Figure 3. Modulation of SOCS3 expression in gain and loss of function experiments in HNSCC only reduces proliferation of cells without (UM-SCC-22B) detectable levels of endogenous SOCS3.

(A) Immunoblot analysis of whole cell extracts shows that transfection of the SOCS3 expression plasmid resulted in increased levels of SOCS3 after 24 and 48 h in OSCC3 and UM-SCC-22B cells. Pre-treatment of both cell lines with the indicated concentrations of the biochemical inhibitor effectively decreased phosphorylation of STAT3 30 min after stimulation with IL-6 (25 ng/mL). (B) Subcellular localization of SOCS3 in the overexpression experiments was confirmed by immunofluorescence analysis. Images are representative of three independent experiments assessing SOCS3 transgene expression 48 h after plasmid transfection. (C) Cell proliferation was determined by direct counting the cells and the trypan blue dye exclusion test 24 and 48 h after transfection. (D) Cell proliferation was also determined in loss of function experiments by direct counting of cells using trypan blue exclusion test 24 and 48 h after siRNA transfection in OSCC3 cells.
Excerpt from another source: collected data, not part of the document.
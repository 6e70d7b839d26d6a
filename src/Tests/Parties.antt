-- ===== src/Tests/Parties.antt =====
-- The theorems on the sides of a virtual app at contexts in which every side runs to its end.
use indrav.Prelude.{ℕ, ◌≡◌, refl, none, some, List, [], ◌∷◌, map}
use indrav.Prelude.Int.{◌+ℤ◌, ◌-ℤ◌}
use indrav.Prelude.Dict.{Dict}
use indrav.StateChannel.{
  StateChannel, create_empty_channel, new_state_channel, free_balance,
  get_agreement_from_virtual_app, get_free_balance_class, get_multisig_owner_addr_of,
  get_signing_keys_for, get_app_instance,
}
use indrav.AppInstance.{
  identity_hash, app_from_json, app_to_json, encoded_latest_state, hash_of_latest_state,
  set_app_state, two_party_outcome_interpreter_params,
}
use indrav.Commitment.{
  assert_is_valid_signature, get_signed_transaction, get_transaction_details, hash_to_sign,
  state_commitment,
}
use indrav.Machine.{
  Context, CustomData, no_data, Protocol, ProtocolMessage, InstallVirtualAppProtocolParams,
  UninstallVirtualAppProtocolParams,
}
use indrav.Machine.Play.{Trace, play}
use indrav.Machine.Rules.{Ensures}
use indrav.Protocol.{answer, with_signature, with_two_signatures, with_three_signatures}
use indrav.Protocol.InstallVirtual.Agreed.{
  Persists, Returns, InitiatingAgreed, MediatingAgreed, RespondingAgreed, user_map,
  intermediary_map, initiating_list, intermediary_list, responding_list,
}
use indrav.Protocol.InstallVirtual.Initiating.{
  install_virtual_initiating, install_virtual_initiating_apps,
}
use indrav.Protocol.InstallVirtual.Intermediary.{
  install_virtual_intermediary, install_virtual_intermediary_apps, install_virtual_intermediary_end,
}
use indrav.Protocol.InstallVirtual.Responding.{
  install_virtual_responding, install_virtual_responding_apps,
}
use indrav.Protocol.InstallVirtual.Safety.{install_virtual-Ensures}
use indrav.Protocol.UninstallVirtual.Agreed.{
  InitiatingAgreed as InitiatingLeft, MediatingAgreed as MediatingLeft,
  RespondingAgreed as RespondingLeft, user_map as user_map_left,
  intermediary_map as intermediary_map_left, initiating_list as initiating_left,
  intermediary_list as intermediary_left, responding_list as responding_left,
}
use indrav.Protocol.UninstallVirtual.Initiating.{uninstall_virtual_initiating}
use indrav.Protocol.UninstallVirtual.Intermediary.{
  uninstall_virtual_intermediary, uninstall_virtual_intermediary_balances,
}
use indrav.Protocol.UninstallVirtual.Responding.{uninstall_virtual_responding}
use indrav.Protocol.UninstallVirtual.Safety.{uninstall_virtual-Ensures}
use indrav.Protocol.UninstallVirtual.Balances.{uninstalling}
use indrav.Protocol.InstallVirtual.Objects.{
  objects_for_initiating, objects_for_intermediary, objects_for_responding,
}
use indrav.Protocol.InstallVirtual.{
  get_or_create_state_channel_with_users, virtual_app_instance, virtual_interpreter_parameters,
  time_locked_pass_through_app, agreement_conditional, default_timeout_commitment,
}
use indrav.Store.Owners.{
  get_multisig_address_with_counterparty_from_map, search_owners, sort_texts, insert_text,
  get_create2_multisig_address,
}
use indrav.FreeBalance.{
  xkeys_to_sorted_kth_addresses, sort_addresses, deserialize_free_balance_state,
  free_balance_add_active_app, from_app_instance, increment, serialize_free_balance_state,
  to_app_instance, free_balance_remove_active_app,
}
use indrav.StateChannel.Installs.{add_agreement, remove_agreement}
use indrav.StateChannel.Operations.{
  build, add_active_app_and_increment_free_balance, add_active_app, add_app_instance,
  increment_free_balance, set_free_balance, remove_app_instance,
  remove_active_app_and_increment_free_balance, remove_active_app,
}
use indrav.CoinTransfers.{flip, merge}
use indrav.Protocol.UninstallVirtual.Objects.{
  uninstall_objects_for_initiating, uninstall_objects_for_intermediary,
  uninstall_objects_for_responding,
}
use indrav.Protocol.UninstallVirtual.{
  get_state_channel_from_map_with_owners, lock_outcome, pass_through_commitment,
}
use indrav.Outcome.{compute_token_indexed_free_balance_increments, two_party_increments}
use indrav.Tests.Toy.{toy, toy_chain, toy_ethereum, network}
use indrav.Tests.Table.{signer_of}
use indrav.Tests.Virtual.{virtual, ledger_of, virtual_game}

-- The channels of the two users with the intermediary, at addresses of their own.
abbrev initiator_channel : StateChannel
initiator_channel = record (ledger_of 1 100) { multisig_address = 81 }

abbrev responder_channel : StateChannel
responder_channel = record (ledger_of 2 200) { multisig_address = 82 }

-- A party's context: its stored channels and the data of the message that it received.
abbrev party : {P : Type 0} → P → Dict StateChannel → CustomData → Context P
party params channels received = record {
  network = network;
  state_channels_map = channels;
  process_id = 1;
  params = params;
  custom_data = received;
}

abbrev reply : CustomData → ProtocolMessage
reply = answer 1 Protocol.install_virtual_app 0

-- The addresses of the channels in each list that is persisted.
abbrev addresses : {A : Type 0} → Trace A → List (List ℕ)
addresses t = map (map (λ sc. sc.multisig_address)) t.persisted

abbrev installs_i : Context InstallVirtualAppProtocolParams
installs_i = party virtual ((81, initiator_channel) ∷ []) no_data

abbrev installs_m : Context InstallVirtualAppProtocolParams
installs_m =
    party virtual ((81, initiator_channel) ∷ (82, responder_channel) ∷ [])
      (with_three_signatures 100 (identity_hash virtual_game) 0)

abbrev installs_r : Context InstallVirtualAppProtocolParams
installs_r = party virtual ((82, responder_channel) ∷ []) (with_signature 300)

abbrev installed_i : Trace (Dict StateChannel)
installed_i =
    play (signer_of 1)
      (reply (with_two_signatures 300 300) ∷ reply (with_three_signatures 300 200 200) ∷ [])
      (install_virtual_initiating installs_i)

abbrev installed_m : Trace (Dict StateChannel)
installed_m =
    play (signer_of 3)
      (reply (with_two_signatures 200 200)
        ∷ reply (with_three_signatures 100 100 100)
        ∷ reply (with_two_signatures 200 200)
        ∷ [])
      (install_virtual_intermediary installs_m)

abbrev installed_r : Trace (Dict StateChannel)
installed_r =
    play (signer_of 2)
      (reply (record (with_three_signatures 300 300 100) { signature4 = some 100 }) ∷ [])
      (install_virtual_responding installs_r)

all_install :
    (addresses installed_i ≡ (81 ∷ 441 ∷ 741 ∷ []) ∷ [])
    × (addresses installed_m ≡ (741 ∷ 82 ∷ 81 ∷ []) ∷ [])
    × (addresses installed_r ≡ (82 ∷ 741 ∷ 441 ∷ []) ∷ [])
unfolding install_virtual_initiating install_virtual_intermediary install_virtual_responding
    objects_for_initiating get_or_create_state_channel_with_users
    get_multisig_address_with_counterparty_from_map search_owners sort_texts insert_text
    get_create2_multisig_address xkeys_to_sorted_kth_addresses sort_addresses create_empty_channel
    new_state_channel virtual_app_instance virtual_interpreter_parameters
    time_locked_pass_through_app add_agreement build add_active_app_and_increment_free_balance
    app_from_json app_to_json encoded_latest_state hash_of_latest_state set_app_state flip merge
    assert_is_valid_signature get_signed_transaction get_transaction_details hash_to_sign
    state_commitment deserialize_free_balance_state free_balance_add_active_app from_app_instance
    increment serialize_free_balance_state to_app_instance ◌+ℤ◌ ◌-ℤ◌ install_virtual_initiating_apps
    install_virtual_intermediary_apps install_virtual_intermediary_end objects_for_intermediary
    objects_for_responding install_virtual_responding_apps agreement_conditional
    default_timeout_commitment add_active_app add_app_instance increment_free_balance
    set_free_balance free_balance get_agreement_from_virtual_app get_free_balance_class
    get_multisig_owner_addr_of get_signing_keys_for
all_install = (refl, refl, refl)

install_virtual-Ensures_example :
    Ensures
      (Persists (InitiatingAgreed installs_i) initiating_list)
      (Returns (InitiatingAgreed installs_i) user_map)
      (install_virtual_initiating installs_i)
    × Ensures
        (Persists (MediatingAgreed installs_m) intermediary_list)
        (Returns (MediatingAgreed installs_m) intermediary_map)
        (install_virtual_intermediary installs_m)
    × Ensures
        (Persists (RespondingAgreed installs_r) responding_list)
        (Returns (RespondingAgreed installs_r) user_map)
        (install_virtual_responding installs_r)
install_virtual-Ensures_example = install_virtual-Ensures installs_i installs_m installs_r

-- The channels that a party has when the installation has returned.
abbrev left_with : Trace (Dict StateChannel) → Dict StateChannel
left_with t = elim t.result [ none ↦ [] | some channels ↦ channels ]

abbrev leaving : UninstallVirtualAppProtocolParams
leaving = uninstalling virtual (identity_hash virtual_game) 11

abbrev leaves_i : Context UninstallVirtualAppProtocolParams
leaves_i = party leaving (left_with installed_i) no_data

abbrev leaves_m : Context UninstallVirtualAppProtocolParams
leaves_m = party leaving (left_with installed_m) (with_signature 100)

abbrev leaves_r : Context UninstallVirtualAppProtocolParams
leaves_r = party leaving (left_with installed_r) (with_two_signatures 100 300)

abbrev left_i : Trace (Dict StateChannel)
left_i =
    play (signer_of 1) (reply (with_two_signatures 200 300) ∷ reply (with_signature 300) ∷ [])
      (uninstall_virtual_initiating leaves_i)

abbrev left_m : Trace (Dict StateChannel)
left_m =
    play (signer_of 3)
      (reply (with_signature 200) ∷ reply (with_signature 100) ∷ reply (with_signature 200) ∷ [])
      (uninstall_virtual_intermediary leaves_m)

abbrev left_r : Trace (Dict StateChannel)
left_r =
    play (signer_of 2) (reply (with_signature 300) ∷ []) (uninstall_virtual_responding leaves_r)

all_leave :
    (addresses left_i ≡ (81 ∷ 741 ∷ 441 ∷ []) ∷ [])
    × (addresses left_m ≡ (81 ∷ 741 ∷ 82 ∷ []) ∷ [])
    × (addresses left_r ≡ (441 ∷ 741 ∷ 82 ∷ []) ∷ [])
unfolding uninstall_virtual_initiating uninstall_virtual_intermediary uninstall_virtual_responding
    install_virtual_initiating install_virtual_intermediary install_virtual_responding
    objects_for_initiating get_or_create_state_channel_with_users
    get_multisig_address_with_counterparty_from_map search_owners sort_texts insert_text
    get_create2_multisig_address xkeys_to_sorted_kth_addresses sort_addresses create_empty_channel
    new_state_channel virtual_app_instance virtual_interpreter_parameters
    time_locked_pass_through_app add_agreement build add_active_app_and_increment_free_balance
    app_from_json app_to_json encoded_latest_state hash_of_latest_state set_app_state flip merge
    assert_is_valid_signature get_signed_transaction get_transaction_details hash_to_sign
    state_commitment deserialize_free_balance_state free_balance_add_active_app from_app_instance
    increment serialize_free_balance_state to_app_instance ◌+ℤ◌ ◌-ℤ◌ install_virtual_initiating_apps
    install_virtual_intermediary_apps install_virtual_intermediary_end objects_for_intermediary
    objects_for_responding install_virtual_responding_apps agreement_conditional
    default_timeout_commitment add_active_app add_app_instance increment_free_balance
    set_free_balance free_balance get_agreement_from_virtual_app get_free_balance_class
    get_multisig_owner_addr_of get_signing_keys_for uninstall_objects_for_initiating
    get_state_channel_from_map_with_owners get_app_instance
    compute_token_indexed_free_balance_increments two_party_outcome_interpreter_params
    remove_app_instance two_party_increments remove_agreement
    remove_active_app_and_increment_free_balance remove_active_app free_balance_remove_active_app
    lock_outcome pass_through_commitment uninstall_objects_for_intermediary
    uninstall_virtual_intermediary_balances uninstall_objects_for_responding
all_leave = (refl, refl, refl)

uninstall_virtual-Ensures_example :
    Ensures
      (Persists (InitiatingLeft leaves_i) initiating_left)
      (Returns (InitiatingLeft leaves_i) user_map_left)
      (uninstall_virtual_initiating leaves_i)
    × Ensures
        (Persists (MediatingLeft leaves_m) intermediary_left)
        (Returns (MediatingLeft leaves_m) intermediary_map_left)
        (uninstall_virtual_intermediary leaves_m)
    × Ensures
        (Persists (RespondingLeft leaves_r) responding_left)
        (Returns (RespondingLeft leaves_r) user_map_left)
        (uninstall_virtual_responding leaves_r)
uninstall_virtual-Ensures_example = uninstall_virtual-Ensures leaves_i leaves_m leaves_r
Graphs (C and D) represent growth curves (number of viable cells) over time, according to the experimental condition (in C: transfection of empty vector, SOCS3 expressing vector, or treatment with STAT3 inhibitor; in D: reagent control, SOCS3 siRNA and non-target control siRNA). Vertical lines standard deviations of three independent experiments and * indicates p<0.05 for comparison with vehicle control (empty vector or non-targeting siRNA in gain and loss of function experiments, respectively). (E) Immunoblot analysis verifying the efficiency of siRNA-mediated inhibition of endogenous SOCS3 expression 24, 48 and 72 h after transfection. Images are representative of three to five independent experiments.